Je souhaite installer windows 10 via bootcamp mais je recontre un souci.

En effet, lorsque je souhaite installer windows, j'ai cette erreur : "Un problème est survenu lors de la lecture du fichier ISO de Windows 10. Veuillez utiliser un autre fichier ISO."

L'iso est impeccable, aucun souci de ce côté.
J'ai essayé de désactiver le SIP et de tester > toujours le même problème.
J'ai vu qu'une personne avait testé en utilisant le compte root et ça avait marché. le problème c'est qu'en suivant la doc Apple, je n'ai à aucun moment la possibilité d'activer le compte root pour essayer...
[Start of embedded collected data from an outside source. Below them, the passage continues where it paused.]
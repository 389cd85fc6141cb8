-- ===== src/Net/Examples.antt =====
-- Two requests for the address 10.0.0.1, with three free mbufs.
use openblt.Prelude.{ℕ, ◌≡◌, refl, [], ◌∷◌}
use openblt.Net.{Net, Frame, EthDev, ArpPacket}
use openblt.Net.Order.{rounds, arrive, handle_all, rounds-handle_all}
use openblt.Net.Answers.{Drained, at_head, behind, rounds-Drained}

abbrev request : ArpPacket
request = record {
  dst = 255 ∷ 255 ∷ 255 ∷ 255 ∷ 255 ∷ 255 ∷ [];
  src = 2 ∷ 0 ∷ 0 ∷ 0 ∷ 0 ∷ 9 ∷ [];
  frame_type = 1544;
  hard_type = 256;
  prot_type = 8;
  hard_size = 6;
  prot_size = 4;
  op = 256;
  send_eth_addr = 2 ∷ 0 ∷ 0 ∷ 0 ∷ 0 ∷ 9 ∷ [];
  send_ip_addr = 10 ∷ 0 ∷ 0 ∷ 9 ∷ [];
  targ_eth_addr = 0 ∷ 0 ∷ 0 ∷ 0 ∷ 0 ∷ 0 ∷ [];
  targ_ip_addr = 10 ∷ 0 ∷ 0 ∷ 1 ∷ [];
}

abbrev card : EthDev
card = record { dev_num = 0; dev_addr = 2 ∷ 0 ∷ 0 ∷ 0 ∷ 0 ∷ 1 ∷ [] }

abbrev asked : ℕ → Frame
asked m = record { header_mbuf = m; data_mbuf = m; dev = card; packet = request }

abbrev small : Net
small = record {
  free_mbuf = 3 ∷ 4 ∷ 5 ∷ [];
  eth_input_queue = [];
  iflist = (10 ∷ 0 ∷ 0 ∷ 2 ∷ []) ∷ (10 ∷ 0 ∷ 0 ∷ 1 ∷ []) ∷ [];
  protlist = 1544 ∷ [];
  outputs = [];
}

rounds-handle_all_example :
    rounds 2 (arrive (asked 1 ∷ asked 2 ∷ []) small) ≡ handle_all (asked 1 ∷ asked 2 ∷ []) small
rounds-handle_all_example = rounds-handle_all (asked 1 ∷ asked 2 ∷ []) small refl

rounds-Drained_example :
    Drained small
      (asked 1 ∷ asked 2 ∷ [])
      (3 ∷ 4 ∷ 5 ∷ [])
      (rounds 2 (arrive (asked 1 ∷ asked 2 ∷ []) small))
rounds-Drained_example =
    rounds-Drained (asked 1 ∷ asked 2 ∷ []) small refl refl
      (behind at_head, refl, (behind at_head, refl, tt))
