-- ===== src/Posix.antt =====
-- lib/libposix/fdl.c: the table of the file descriptors of a program.
--
-- `none` says that the code follows NULL or looks beyond the table. The table's lock is not modelled.
pub mod Descriptors
mod Examples
use mathlib.Core.Option
use openblt.Prelude.{
  ℕ, zero, suc, ◌+◌, ◌==◌, ℤ, pos, negsuc, Bool, true, false, Option, none, some, List,
  if◌then◌else◌, ltb, update,
}

-- fdl_type, on the state `W` behind the descriptors; `none` in place of a call is NULL.
pub record FdlType (W : Type 0) : Type 0 where
  pub read : Option (ℕ → ℕ → W → ℤ × List ℕ × W)
  pub write : Option (ℕ → List ℕ → W → ℤ × W)
  pub ioctl : Option (ℕ → ℕ → ℕ → W → ℤ × W)
  pub close : Option (ℕ → W → ℤ × W)

-- __filedesc
pub record Filedesc (W : Type 0) : Type 0 where
  pub imp : FdlType W
  pub cookie : ℕ

-- The table, errno and the state behind the descriptors.
pub record Program (W : Type 0) : Type 0 where
  pub fd_table : ℕ → Option (Filedesc W)
  pub errno : ℕ
  pub world : W

abbrev pub max_fds : ℕ
max_fds = 256

abbrev pub enosys : ℕ
enosys = 78

module _ {W : Type 0} where
  abbrev pub libc_init_fdl : Program W → Program W
  libc_init_fdl p = record p { fd_table = λ i. none }

  abbrev pub in_use : Option (Filedesc W) → Bool
  in_use none = false
  in_use (some f) = true

  -- The loop of _fdl_alloc_descriptor from the descriptor `i`, with `n` to go.
  abbrev pub first_free : (ℕ → Option (Filedesc W)) → ℕ → ℕ → Option ℕ
  first_free table zero i = none
  first_free table (suc n) i =
      let next = first_free table n (i + 1) in if in_use (table i) then next else some i

  abbrev pub set_descriptor : Filedesc W → Program W → Option ℕ → ℤ × Program W
  set_descriptor f p none = (negsuc 0, p)
  set_descriptor f p (some i) = (pos i, record p { fd_table = update p.fd_table i (some f) })

  unfoldable pub fdl_alloc_descriptor : FdlType W → ℕ → Program W → ℤ × Program W
  fdl_alloc_descriptor handler cookie p =
      set_descriptor (record { imp = handler; cookie = cookie }) p (first_free p.fd_table max_fds 0)

  abbrev pub fdl_free_descriptor : ℕ → Program W → Program W
  fdl_free_descriptor desc p = record p { fd_table = update p.fd_table desc none }

  -- fd_table[fd]
  abbrev pub descriptor : ℕ → Program W → Option (Filedesc W)
  descriptor fd p = if ltb fd max_fds then p.fd_table fd else none

  abbrev pub not_there : Program W → Program W
  not_there p = record p { errno = enosys }

  abbrev pub read_with :
      ℕ → ℕ → Option (ℕ → ℕ → W → ℤ × List ℕ × W) → Program W → ℤ × List ℕ × Program W
  read_with cookie count none p = (negsuc 0, List.[], not_there p)
  read_with cookie count (some f) p =
      let (res, bytes, w) = f cookie count p.world in (res, bytes, record p { world = w })

  pub read : ℕ → ℕ → Program W → Option (ℤ × List ℕ × Program W)
  read fd count p =
      Option.map (λ (f : Filedesc W). read_with f.cookie count f.imp.read p) (descriptor fd p)

  abbrev pub write_with : ℕ → List ℕ → Option (ℕ → List ℕ → W → ℤ × W) → Program W → ℤ × Program W
  write_with cookie bytes none p = (negsuc 0, not_there p)
  write_with cookie bytes (some f) p =
      let (res, w) = f cookie bytes p.world in (res, record p { world = w })

  pub write : ℕ → List ℕ → Program W → Option (ℤ × Program W)
  write fd bytes p =
      Option.map (λ (f : Filedesc W). write_with f.cookie bytes f.imp.write p) (descriptor fd p)

  abbrev pub ioctl_with : ℕ → ℕ → ℕ → Option (ℕ → ℕ → ℕ → W → ℤ × W) → Program W → ℤ × Program W
  ioctl_with cookie request argp none p = (negsuc 0, not_there p)
  ioctl_with cookie request argp (some f) p =
      let (res, w) = f cookie request argp p.world in (res, record p { world = w })

  pub ioctl : ℕ → ℕ → ℕ → Program W → Option (ℤ × Program W)
  ioctl fd request argp p =
      Option.map (λ (f : Filedesc W). ioctl_with f.cookie request argp f.imp.ioctl p)
        (descriptor fd p)

  -- The descriptor is free after the call, whatever it returns; without a call it stays.
  abbrev pub close_with : ℕ → ℕ → Option (ℕ → W → ℤ × W) → Program W → ℤ × Program W
  close_with fd cookie none p = (negsuc 0, not_there p)
  close_with fd cookie (some f) p =
      let (res, w) = f cookie p.world in
      (res, record p { fd_table = update p.fd_table fd none; world = w })

  unfoldable pub close : ℕ → Program W → Option (ℤ × Program W)
  close fd p =
      Option.map (λ (f : Filedesc W). close_with fd f.cookie f.imp.close p) (descriptor fd p)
J'ai essayé d'installer bootcamp via Mojave, je me confronte à un problème de partition. Je pense que c'est due au fait que Mojave ne reconnait pas ma partition Big Sur et du coup cela  échoue.

Du coup, franchement, je sèche si une âme charitable peu m'aider c'est avec joie !

Merci par avance.

EDIT : Problème résolu, j'ai simplement renommé mon image iso et ça fonctionne... Ne me demandez pas pourquoi......
Pourtant, le nom de l'image disque d'origine ne comportait aucun caractère particulier...

*Note de la modération :* on déménage dans la bonne section, aucun rapport dans la section macOS


----------



## Locke (2 Février 2021)

QuickPwn a dit:


> L'iso est impeccable, aucun souci de ce côté.


Officiellement, le nom exact du fichier .iso en 64 bits est *Win10_20H2_v2_French_x64.iso*


QuickPwn a dit:


> EDIT : Problème résolu, j'ai simplement renommé mon image iso et ça fonctionne... Ne me demandez pas pourquoi......
> Pourtant, le nom de l'image disque d'origine ne comportait aucun caractère particulier...


Ah oui, et tu as fait quoi exactement, une extension différente, autre ?


----------